[Assignment] Gather every line from the entries below that includes "required".

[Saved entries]
########################################

-- ===== src/Schema/FieldDef.antt =====
-- The definition that is written for a file field: `try_from_field_def` reads it back.
use cqwu_achievement_system.Prelude.{
  String, Bool, true, false, some, List, [], ◌∷◌, if◌then◌else◌, ◌≡◌, refl, sym, ap, Bool-cases,
  inl, inr, ltb, ◌^◌, ◌==◌, ==→eq,
}
use cqwu_achievement_system.Json.{
  pos, whole, Members, member_of, in_i64, json_number, json_string, json_object, texts, strings,
  member_of-set_member,
}
use cqwu_achievement_system.Schema.{SchemaFileFieldConfig, file_field, try_from_field_def, x_config}

strings-texts : (ts : List String) → strings (texts ts) ≡ ts
strings-texts [] = refl
strings-texts (t ∷ ts) = ap (◌∷◌ t) (strings-texts ts)

module _ (c : SchemaFileFieldConfig) (title : String) (def : Members) where
  member_of-file_field :
      (member_of "x-file-config" (file_field c title def) ≡ some (x_config c))
      × (member_of "type" (file_field c title def)
          ≡ some (json_string (if c.quota == 1 then "string" else "array")))
      × ((c.quota == 1) ≡ true
          → member_of "format" (file_field c title def) ≡ some (json_string "file-id"))
      × ((c.quota == 1) ≡ false
          → member_of "maxItems" (file_field c title def)
            ≡ some (json_number (whole (pos c.quota))))
  unfolding file_field
  member_of-file_field = elim (Bool-cases (c.quota == 1)) [
    | inl e ↦ rw e (
      simp (member_of-set_member),
      simp (member_of-set_member),
      λ h. simp (member_of-set_member),
      λ h. absurd (cc h),
    )
    | inr e ↦ rw e (
      simp (member_of-set_member),
      simp (member_of-set_member),
      λ h. absurd (cc h),
      λ h. simp (member_of-set_member),
    )
  ]

-- The configuration is read back from the definition that was written for it.
pub try_from-file_field :
    (c : SchemaFileFieldConfig) (title : String) (def : Members) (required : Bool)
    → in_i64 c.max_size ≡ true
    → ltb c.quota (2 ^ 64) ≡ true
    → try_from_field_def (json_object (file_field c title def)) required
      ≡ some (record c { required = required })
unfolding try_from_field_def member_of
try_from-file_field c title def required size quota = elim (Bool-cases (c.quota == 1)) [
  | inl e ↦
      rw
        (
          (member_of-file_field c title def).0,
          (member_of-file_field c title def).1,
          (member_of-file_field c title def).2 e,
          e,
          size,
          strings-texts c.allowed_types,
          sym (==→eq c.quota 1 e),
        )
        refl
  | inr e ↦
      rw
        (
          (member_of-file_field c title def).0,
          (member_of-file_field c title def).1,
          (member_of-file_field c title def).3 e,
          e,
          size,
          strings-texts c.allowed_types,
          quota,
        )
        refl
]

########################################

[Result for this exercise]
    (c : SchemaFileFieldConfig) (title : String) (def : Members) (required : Bool)
    → try_from_field_def (json_object (file_field c title def)) required
      ≡ some (record c { required = required })
try_from-file_field c title def required size quota = elim (Bool-cases (c.quota == 1)) [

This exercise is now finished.